TOKYO, Nov 22 (KUNA) -- North Korea's claim to have secretly constructed a uranium enrichment facility is "absolutely unacceptable," Japanese Prime Minister Naoto Kan said Monday.
His remarks came after a US scientist revealed he had toured a modern, new uranium enrichment plant during a recent trip to North Korea's Yongbyon nuclear complex. "We will cooperate with the US and other countries to deal with this issue," Kan told reporters.
Meanwhile, the country's Foreign Minister Seiji Maehara and US Special Representative for North Korea Policy Stephen Bosworth agreed to work together with South Korea to address Pyongyang's nuclear program.
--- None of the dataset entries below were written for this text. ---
-- ===== src/Mq/Session.antt =====
-- The order of the client's calls to the broker (src/utils/MqClient.cc).
use trade_reconcile_system.Base.{
  Bool, List, Option, [], ap, false, inl, inr, length, none, refl, some, some_inj, true, ℕ, ◌++◌,
  ◌∙◌, ◌∷◌, ◌≡◌, ◌⊎◌,
}
use trade_reconcile_system.Base.Bytes.{Bytes, codes}
use trade_reconcile_system.Mq.{
  AmqpCall, Broker, MqClient, ask, basic_publish, call_amqp, channel_open, check, close,
  confirm_select, confirm_timeout_seconds, connect, connect_again, connection_close,
  declare_exchange, destroy_connection, ensure_connected, exchange_declare, exchange_name,
  exchange_type, is_ack, log_in, login, new_connection, open_channel, open_socket, publish,
  select_confirms, send, socket_open, tcp_socket_new, wait_confirm, wait_frame, when_connected,
}

-- A connection's stages, from the first call to the confirm mode, and a publish that is not confirmed.
pub data Session : Type 0 where
  closed created has_socket opened logged_in_ has_channel has_exchange ready unconfirmed closing :
      Session

-- The rule: each stage allows its next call or the start of the end. The exchange is declared before the
-- confirm mode is selected, nothing is published outside that mode, each publish is followed by a
-- wait for its confirm, and a connection is ended and destroyed before the next one begins.
abbrev pub allowed_call : Session → AmqpCall → Option Session
allowed_call closed new_connection = some created
allowed_call created tcp_socket_new = some has_socket
allowed_call has_socket socket_open = some opened
allowed_call opened login = some logged_in_
allowed_call logged_in_ channel_open = some has_channel
allowed_call has_channel (exchange_declare name type durable) = some has_exchange
allowed_call has_exchange confirm_select = some ready
allowed_call ready (basic_publish exchange key mode type payload) = some unconfirmed
allowed_call unconfirmed (wait_frame seconds) = some ready
allowed_call closing destroy_connection = some closed
allowed_call closed connection_close = none
allowed_call closing connection_close = none
allowed_call s connection_close = some closing
allowed_call s c = none

unfoldable pub follow : Option Session → List AmqpCall → Option Session
follow none calls = none
follow (some s) [] = some s
follow (some s) (c ∷ calls) = follow (allowed_call s c) calls

follow-nil : (o : Option Session) → follow o [] ≡ o
unfolding follow
follow-nil none = refl
follow-nil (some s) = refl

pub follow-call :
    (o : Option Session) (calls : List AmqpCall) (c : AmqpCall) {t : Session}
    → follow o calls ≡ some t
    → follow o (calls ++ c ∷ []) ≡ allowed_call t c
unfolding follow
follow-call none calls c h = cc
follow-call (some s) [] c h =
    follow-nil (allowed_call s c) ∙ ap (λ u. allowed_call u c) (some_inj h)
follow-call (some s) (d ∷ calls) c h = follow-call (allowed_call s d) calls c h

-- The client has a connection at this stage, and may end it.
abbrev pub IsOpen : Session → MqClient → Type 0
IsOpen session s =
    (follow (some closed) s.calls ≡ some session)
    × (s.connected ≡ true)
    × (allowed_call session connection_close ≡ some closing)

-- The client has no connection, and its calls have kept the rule.
abbrev pub IsClosed : MqClient → Type 0
IsClosed s = (follow (some closed) s.calls ≡ some closed) × (s.connected ≡ false)

abbrev pub IsOrderly : MqClient → Type 0
IsOrderly s = IsOpen ready s ⊎ IsClosed s

-- An operation that succeeds leaves a connection that is ready, one that fails leaves none.
abbrev pub EndsReady : Bool × MqClient → Type 0
EndsReady (true, s) = IsOpen ready s
EndsReady (false, s) = IsClosed s

pub close-IsClosed : (session : Session) (s : MqClient) → IsOpen session s → IsClosed (close s)
unfolding close call_amqp
close-IsClosed session s (at, connected, closable) = rw connected (
  follow-call (some closed) (s.calls ++ connection_close ∷ []) destroy_connection
      (follow-call (some closed) s.calls connection_close at ∙ closable),
  refl,
)

check-EndsReady :
    (session : Session) (ok : Bool) (s : MqClient) (rest : MqClient → Bool × MqClient)
    → IsOpen session s
    → ((u : MqClient) → IsOpen session u → EndsReady (rest u))
    → EndsReady (check ok s rest)
unfolding check
check-EndsReady session true s rest h go_on = go_on s h
check-EndsReady session false s rest h go_on = close-IsClosed session s h

ask-EndsReady :
    (c : AmqpCall) (reply : ℕ → Bool) (rest : MqClient → Bool × MqClient) (p q : Session)
    (s : MqClient)
    → allowed_call p c ≡ some q
    → allowed_call q connection_close ≡ some closing
    → ((u : MqClient) → IsOpen q u → EndsReady (rest u))
    → IsOpen p s
    → EndsReady (ask c reply rest s)
unfolding ask call_amqp
ask-EndsReady c reply rest p q s allows closable go_on (at, connected, _) =
    check-EndsReady q (reply (length s.calls)) (call_amqp c s) rest
      (follow-call (some closed) s.calls c at ∙ allows, connected, closable) go_on

module _ (broker : Broker) where
  select_confirms-EndsReady :
      (s : MqClient) → IsOpen has_exchange s → EndsReady (select_confirms broker s)
  unfolding select_confirms
  select_confirms-EndsReady s h =
      ask-EndsReady confirm_select broker.confirm_selected (λ s. (true, s)) has_exchange ready s
        refl refl (λ u h. h) h

  declare_exchange-EndsReady :
      (s : MqClient) → IsOpen has_channel s → EndsReady (declare_exchange broker s)
  unfolding declare_exchange
  declare_exchange-EndsReady s h =
      ask-EndsReady (exchange_declare exchange_name exchange_type true) broker.exchange_declared
        (select_confirms broker) has_channel has_exchange s refl refl select_confirms-EndsReady h

  open_channel-EndsReady : (s : MqClient) → IsOpen logged_in_ s → EndsReady (open_channel broker s)
  unfolding open_channel
  open_channel-EndsReady s h =
      ask-EndsReady channel_open broker.channel_opened (declare_exchange broker) logged_in_
        has_channel s refl refl declare_exchange-EndsReady h

  log_in-EndsReady : (s : MqClient) → IsOpen opened s → EndsReady (log_in broker s)
  unfolding log_in
  log_in-EndsReady s h =
      ask-EndsReady login broker.logged_in (open_channel broker) opened logged_in_ s refl refl
        open_channel-EndsReady h

  open_socket-EndsReady : (s : MqClient) → IsOpen has_socket s → EndsReady (open_socket broker s)
  unfolding open_socket
  open_socket-EndsReady s h =
      ask-EndsReady socket_open broker.socket_opened (log_in broker) has_socket opened s refl refl
        log_in-EndsReady h

  connect-EndsReady : (s : MqClient) → IsClosed s → EndsReady (connect broker s)
  unfolding connect call_amqp
  connect-EndsReady s (at, unconnected) =
      ask-EndsReady tcp_socket_new broker.socket_made (open_socket broker) created has_socket
        (record (call_amqp new_connection s) { connected = true }) refl refl open_socket-EndsReady
        (follow-call (some closed) s.calls new_connection at, refl, refl)

  ensure_connected-EndsReady : (s : MqClient) → IsOrderly s → EndsReady (ensure_connected broker s)
  unfolding ensure_connected
  ensure_connected-EndsReady s (inl open_now) = rw (open_now.1) (open_now.0, refl, refl)
  ensure_connected-EndsReady s (inr none_now) = rw (none_now.1) (connect-EndsReady s none_now)

  wait_confirm-EndsReady : (s : MqClient) → IsOpen unconfirmed s → EndsReady (wait_confirm broker s)
  unfolding wait_confirm
  wait_confirm-EndsReady s h =
      ask-EndsReady (wait_frame confirm_timeout_seconds) (λ n. is_ack broker (broker.frame n))
        (λ u. (true, u)) unconfirmed ready s refl refl (λ u k. k) h

  send-EndsReady :
      (exchange routing_key payload : Bytes) (s : MqClient)
      → IsOpen ready s
      → EndsReady (send broker exchange routing_key payload s)
  unfolding send
  send-EndsReady exchange routing_key payload s h =
      ask-EndsReady (basic_publish exchange routing_key 2 (codes "application/json") payload)
        broker.published (wait_confirm broker) ready unconfirmed s refl refl wait_confirm-EndsReady
        h

  close_none-IsClosed : (s : MqClient) → IsClosed s → IsClosed (close s)
  unfolding close
  close_none-IsClosed s h = rw (h.1) (h.0, refl)

  connect_again-EndsReady : (r : Bool × MqClient) → EndsReady r → EndsReady (connect_again broker r)
  unfolding connect_again
  connect_again-EndsReady (true, s) h = h
  connect_again-EndsReady (false, s) h =
      ensure_connected-EndsReady (close s) (inr (close_none-IsClosed s h))

  when_connected-EndsReady :
      (rest : MqClient → Bool × MqClient) (r : Bool × MqClient)
      → ((s : MqClient) → IsOpen ready s → EndsReady (rest s))
      → EndsReady r
      → EndsReady (when_connected broker rest r)
  unfolding when_connected
  when_connected-EndsReady rest (true, s) go_on h = go_on s h
  when_connected-EndsReady rest (false, s) go_on h = h

  -- From a client whose calls have kept the rule, whatever the broker answers, a publish keeps it: when it
  -- succeeds the connection is open and ready for the next, and when it fails there is none.
  pub publish-EndsReady :
      (exchange routing_key payload : Bytes) (s : MqClient)
      → IsOrderly s
      → EndsReady (publish broker exchange routing_key payload s)
  unfolding publish
  publish-EndsReady exchange routing_key payload s h =
      when_connected-EndsReady (send broker exchange routing_key payload) _
        (send-EndsReady exchange routing_key payload)
        (connect_again-EndsReady (ensure_connected broker s) (ensure_connected-EndsReady s h))
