-- ===== src/Mq/Tests.antt =====
-- A broker that confirms, one that is away, and witnesses.
use trade_reconcile_system.Base.{Bool, false, inr, length, refl, true, ℕ, ◌≡◌}
use trade_reconcile_system.Base.Bytes.{codes}
use trade_reconcile_system.Models.Result.{ok}
use trade_reconcile_system.Mq.{
  Broker, MqClient, ask, call_amqp, check, close, connect, connect_again, declare_exchange,
  ensure_connected, is_ack, log_in, method_frame, new_client, no_frame, open_channel, open_socket,
  publish, select_confirms, send, wait_confirm, when_connected,
}
use trade_reconcile_system.Mq.Session.{EndsReady, IsOrderly, follow, publish-EndsReady}

abbrev always : ℕ → Bool
always n = true

abbrev confirming : Broker
confirming = record {
  socket_made = always;
  socket_opened = always;
  logged_in = always;
  channel_opened = always;
  exchange_declared = always;
  confirm_selected = always;
  published = always;
  frame = λ n. method_frame 3932240;
}

abbrev silent : Broker
silent = record confirming { frame = λ n. no_frame }

abbrev away : Broker
away = record confirming { socket_opened = λ n. false }

abbrev published_once : MqClient
published_once = (publish confirming (codes "x") (codes "k") (codes "{}") new_client).1

confirms :
    publish confirming (codes "x") (codes "k") (codes "{}") new_client ≡ (true, published_once)
unfolding publish when_connected connect_again ensure_connected connect open_socket log_in
    open_channel declare_exchange select_confirms send wait_confirm ask check call_amqp is_ack
confirms = refl

-- Without a confirm the publish fails and the connection is gone.
times_out :
    let (ok, s) = publish silent (codes "x") (codes "k") (codes "{}") new_client in
    (ok ≡ false) × (s.connected ≡ false) × (length s.calls ≡ 11)
unfolding publish when_connected connect_again ensure_connected connect open_socket log_in
    open_channel declare_exchange select_confirms send wait_confirm ask check call_amqp is_ack close
times_out = (refl, refl, refl)

-- Two attempts, each with a connection of its own that is destroyed.
tries_twice :
    let (ok, s) = publish away (codes "x") (codes "k") (codes "{}") new_client in
    (ok ≡ false) × (length s.calls ≡ 10)
unfolding publish when_connected connect_again ensure_connected connect open_socket ask check
    call_amqp close
tries_twice = (refl, refl)

new_client-IsOrderly : IsOrderly new_client
unfolding follow
new_client-IsOrderly = inr (refl, refl)

publish-EndsReady_example :
    EndsReady (publish silent (codes "x") (codes "k") (codes "{}") new_client)
publish-EndsReady_example =
    publish-EndsReady silent (codes "x") (codes "k") (codes "{}") new_client new_client-IsOrderly
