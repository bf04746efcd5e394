-- ===== src/Notify.antt =====
-- src/consumer/NotifyConsumer.cc: `process` and the acknowledgement of `handleMessage`. jsoncpp's parser and
-- the merchant's answers are parameters.
pub mod Repeats
pub mod Subscribe
pub mod Leaks
mod Tests
use trade_reconcile_system.Base.{
  Bool, List, Option, [], false, if◌then◌else◌, none, not, some, suc, true, zero, ℕ, ◌&&◌, ◌++◌,
  ◌+◌, ◌==◌, ◌∷◌,
}
use trade_reconcile_system.Base.Bytes.{Bytes, codes}
use trade_reconcile_system.Dao.Notify.{
  NotifyInsertOutcome, insert_notify_with_dedup, mark_notified, mark_unreachable, recorded,
  repeated,
}
use trade_reconcile_system.Db.Monad.{Env, M, pure, std_exception, throw, ◌>>=◌, ◌>>◌}
use trade_reconcile_system.Models.Json.{JsonReader}

-- The HTTP exchange: `ReqResult::Ok` with its status and body, or no response.
pub data HttpAnswer : Type 0 where
  http_response : ℕ → Bytes → HttpAnswer
  no_response : HttpAnswer

-- What the merchant is sent: the number of the record, and the order number and amount of the body.
pub record MerchantRequest : Type 0 where
  pub notify_no : Bytes
  pub order_no : Bytes
  pub amount : Bytes

-- `parse` is `parseFromStream`, and `reader` reads what it gives.
pub record Consumer (J : Type 0) : Type 0 where
  pub parse : Bytes → Option J
  pub reader : JsonReader J
  pub notify_base_url : Bytes
  pub answer : ℕ → HttpAnswer

abbrev pub notify_path : Bytes
notify_path = codes "/api/v1/mock/notify"

abbrev pub max_in_process_retries : ℕ
max_in_process_retries = 2

accepted : HttpAnswer → Option Bytes
accepted no_response = none
accepted (http_response code response) = if code == 200 then some response else none

error_text : HttpAnswer → Bytes
error_text no_response = codes "request failed"
error_text (http_response code response) = response

-- What `process` returns, and the requests that it has sent to the merchant, the latest first.
pub record Processed : Type 0 where
  pub handled : Bool
  pub asked : List MerchantRequest

module _ {J : Type 0} (c : Consumer J) where
  -- The loop from the attempt `attempt` on, with `fuel` further attempts left before the last one. Each
  -- attempt sends `request`; `asked` are those sent before.
  unfoldable pub notify_merchant : MerchantRequest → ℕ → ℕ → List MerchantRequest → M Processed
  unfolding accepted error_text mark_notified mark_unreachable pure ◌>>◌
  notify_merchant request zero attempt asked = elim (accepted (c.answer attempt)) [
    | some response ↦
        mark_notified request.notify_no response
        >> pure (record { handled = true; asked = request ∷ asked })
    | none ↦
        mark_unreachable request.notify_no (attempt + 1) (error_text (c.answer attempt))
        >> pure (record { handled = false; asked = request ∷ asked })
  ]
  notify_merchant request (suc fuel) attempt asked =
      let rest = notify_merchant request fuel (attempt + 1) (request ∷ asked) in
      elim (accepted (c.answer attempt)) [
        | some response ↦
            mark_notified request.notify_no response
            >> pure (record { handled = true; asked = request ∷ asked })
        | none ↦ rest
      ]

  unfoldable pub notify_new : Bytes → Bytes → NotifyInsertOutcome → M Processed
  unfolding notify_merchant pure
  notify_new order_no amount repeated = pure (record { handled = true; asked = [] })
  notify_new order_no amount (recorded notify_no) =
      notify_merchant (record { notify_no = notify_no; order_no = order_no; amount = amount })
        max_in_process_retries 0 []

  -- Past the conversions, one of which may throw.
  unfoldable pub process_texts : Env → Option Bytes → Option Bytes → Option Bytes → M Processed
  unfolding insert_notify_with_dedup notify_new throw
  process_texts env (some message_id) (some order_no) (some amount) = do
    outcome ← insert_notify_with_dedup env message_id order_no (c.notify_base_url ++ notify_path)
    notify_new order_no amount outcome
  process_texts env _ _ _ = throw std_exception

  unfoldable pub field_text : J → Bytes → Option Bytes
  field_text json key = c.reader.as_string (c.reader.at json key)

  unfoldable pub process_json : Env → J → M Processed
  unfolding process_texts field_text pure throw
  process_json env json =
      if not (c.reader.takes_keys json)
      then throw std_exception
      else if not
          (c.reader.is_member json (codes "messageId") && c.reader.is_member json (codes "orderNo"))
      then pure (record { handled = false; asked = [] })
      else process_texts env (field_text json (codes "messageId"))
          (field_text json (codes "orderNo"))
          (if c.reader.is_member json (codes "amount")
            then field_text json (codes "amount")
            else some [])

  unfoldable pub process : Env → Bytes → M Processed
  unfolding process_json pure
  process env message = elim (c.parse message) [
    | none ↦ pure (record { handled = false; asked = [] })
    | some json ↦ process_json env json
  ]

-- What the broker is told of a delivery; an exception of `process` leaves the thread.
pub data Acknowledgement : Type 0 where
  ack dead_letter : Acknowledgement

-- The acknowledgement, and the requests that went to the merchant before it.
unfoldable pub handle_message :
    {J : Type 0} → Env → Consumer J → Bytes → M (Acknowledgement × List MerchantRequest)
unfolding process
handle_message env c message = do
  processed ← process c env message
  pure (if processed.handled then ack else dead_letter, processed.asked)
During their talks in Tokyo, Maehara said if the North builds the nuclear facility, it is "really something grave" and a violation of UN Security Council resolutions that prohibit the country from carrying out nuclear development.
Bosworth, who arrived here from Seoul earlier in the day, said the situation "is not a crisis." American scientist Siegfried Hecker said over the weekend that he saw more than 1,000 new centrifuges for processing uranium on November 12. The development of the new facility would allow the North to produce enriched uranium-based nuclear bombs in the future. Pyongyang conducted plutonium-based nuclear tests twice, in 2006 and 2009.
North Korea said last April that it resumed reprocessing nuclear spent fuel rods to produce plutonium at the Yongbyon complex, some 90 kilometers north of Pyongyang, in protest against a punitive UN resolution for its long-range rocket launch earlier that month.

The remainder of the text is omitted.